-- DATA TO PROCESS follows --

-- ===== src/Handshake/Answerer.antt =====
-- `main` of src/answerer.cpp. It catches nothing.
use client_server_signaling.Base.{
  ℕ, ◌^◌, ◌<◌, ◌≡◌, Text, Bool, not, Option, none, some, List, [], ◌∷◌, if◌then◌else◌, length, ℤ,
  pos, minus_one, int_eq,
}
use client_server_signaling.Fault.{Result, ok, err, missing, uncaught, ◌>>=◌}
use client_server_signaling.Wire.{c_string, read_buffer, scan_int, sprintf}
use client_server_signaling.Wire.Arguments.{htons}
use client_server_signaling.Client.Listener.{Peer}
use client_server_signaling.Client.Requests.{decimal}
use client_server_signaling.Client.Requests.Decimal.{scan_int-plain_decimal}
use client_server_signaling.Handshake.{Event, sends, adds, remote_description}
use client_server_signaling.Handshake.Int32.{int_bytes, of_bytes}

abbrev pub buffer_size : ℕ
buffer_size = 2048

-- `char remote_ip[50]`
abbrev pub ip_size : ℕ
ip_size = 50

-- `atoi`: 0 where there is no number.
unfoldable pub atoi : Text → Result ℤ
atoi text = elim (scan_int text) [ none ↦ ok (pos 0) | some number ↦ number ]

pub atoi-decimal : (n : ℕ) → n < 2 ^ 31 → atoi (decimal (pos n)) ≡ ok (pos n)
unfolding atoi
atoi-decimal n h = rw (atoi, scan_int-plain_decimal n h)

-- What the calls of the run return. `generated` is what the callback stores once gathering is
-- complete, `none` if it never is; `candidates` is `local_candidates_vector` when it is counted.
pub record Env : Type 0 where
  pub socket_result : ℤ
  pub inet_pton_ok : Text → Bool
  pub connect_ok : Text → ℕ → Bool
  pub offer_bytes : Text
  pub generated : Option Text
  pub count_bytes : Text
  pub candidate_bytes : Text
  pub candidates : List Text

-- `return 1`; for ever in `while(!sdp_generated)`; or the end.
pub data End : Type 0 where
  refused spins finished : End

pub record Run : Type 0 where
  pub events : List Event
  pub remote_cand_count : ℕ
  pub end : End

abbrev pub or_throws {ℓ} : {A : Type ℓ} → Option A → Result A
or_throws none = err uncaught
or_throws (some a) = ok a

-- `local_candidates_vector.at(0)`
abbrev pub at_first : List Text → Result Text
at_first [] = err uncaught
at_first (c ∷ cs) = ok c

module _ (p : Peer) (accepts_candidate : Text → Bool) where
  -- After `while(!sdp_generated)`.
  unfoldable pub answer : Env → Event → Text → Result Run
  answer env remote sdp = do
    let count = of_bytes env.count_bytes
    candidate ← read_buffer buffer_size env.candidate_bytes
    (if accepts_candidate candidate
        then (do
          own ← at_first env.candidates
          ok (record {
            events =
                remote
                ∷ sends (c_string sdp)
                ∷ adds candidate
                ∷ sends (int_bytes (length env.candidates))
                ∷ sends own
                ∷ [];
            remote_cand_count = count;
            end = finished;
          }))
        else err uncaught)

  -- Once connected.
  unfoldable pub take_offer : Env → Result Run
  take_offer env = do
    text ← read_buffer buffer_size env.offer_bytes
    j ← or_throws (p.parse text)
    remote ← or_throws (remote_description p j)
    elim env.generated [
      | none ↦ ok (record { events = remote ∷ []; remote_cand_count = 0; end = spins })
      | some sdp ↦ answer env remote sdp
    ]

  -- `arguments` are those after the program's name. The test `argc<1` fails always.
  unfoldable pub answerer : List Text → Env → Result Run
  answerer (ip ∷ port ∷ arguments) env = do
    number ← atoi port
    remote_ip ← sprintf ip_size ip
    (if int_eq env.socket_result minus_one
        then ok (record { events = []; remote_cand_count = 0; end = refused })
        else if not (env.inet_pton_ok remote_ip)
        then ok (record { events = []; remote_cand_count = 0; end = refused })
        else if not (env.connect_ok remote_ip (htons number))
        then ok (record { events = []; remote_cand_count = 0; end = refused })
        else take_offer env)
  answerer arguments env = err missing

-- DATA TO PROCESS concluded --

Everything from the line containing "pub data End : Type 0 where" to the last line of the data above must be set down exactly, both ends included, with no other lines.

= RESPONSE AREA =
pub data End : Type 0 where
  refused spins finished : End

pub record Run : Type 0 where
  pub events : List Event
  pub remote_cand_count : ℕ
  pub end : End

abbrev pub or_throws {ℓ} : {A : Type ℓ} → Option A → Result A
or_throws none = err uncaught
or_throws (some a) = ok a

-- `local_candidates_vector.at(0)`
abbrev pub at_first : List Text → Result Text
at_first [] = err uncaught
at_first (c ∷ cs) = ok c

module _ (p : Peer) (accepts_candidate : Text → Bool) where
  -- After `while(!sdp_generated)`.
  unfoldable pub answer : Env → Event → Text → Result Run
  answer env remote sdp = do
    let count = of_bytes env.count_bytes
    candidate ← read_buffer buffer_size env.candidate_bytes
    (if accepts_candidate candidate
        then (do
          own ← at_first env.candidates
          ok (record {
            events =
                remote
                ∷ sends (c_string sdp)
                ∷ adds candidate
                ∷ sends (int_bytes (length env.candidates))
                ∷ sends own
                ∷ [];
            remote_cand_count = count;
            end = finished;
          }))
        else err uncaught)

  -- Once connected.
  unfoldable pub take_offer : Env → Result Run
  take_offer env = do
    text ← read_buffer buffer_size env.offer_bytes
    j ← or_throws (p.parse text)
    remote ← or_throws (remote_description p j)
    elim env.generated [
      | none ↦ ok (record { events = remote ∷ []; remote_cand_count = 0; end = spins })
      | some sdp ↦ answer env remote sdp
    ]

  -- `arguments` are those after the program's name. The test `argc<1` fails always.
  unfoldable pub answerer : List Text → Env → Result Run
  answerer (ip ∷ port ∷ arguments) env = do
    number ← atoi port
    remote_ip ← sprintf ip_size ip
    (if int_eq env.socket_result minus_one
        then ok (record { events = []; remote_cand_count = 0; end = refused })
        else if not (env.inet_pton_ok remote_ip)
        then ok (record { events = []; remote_cand_count = 0; end = refused })
        else if not (env.connect_ok remote_ip (htons number))
        then ok (record { events = []; remote_cand_count = 0; end = refused })
        else take_offer env)
  answerer arguments env = err missing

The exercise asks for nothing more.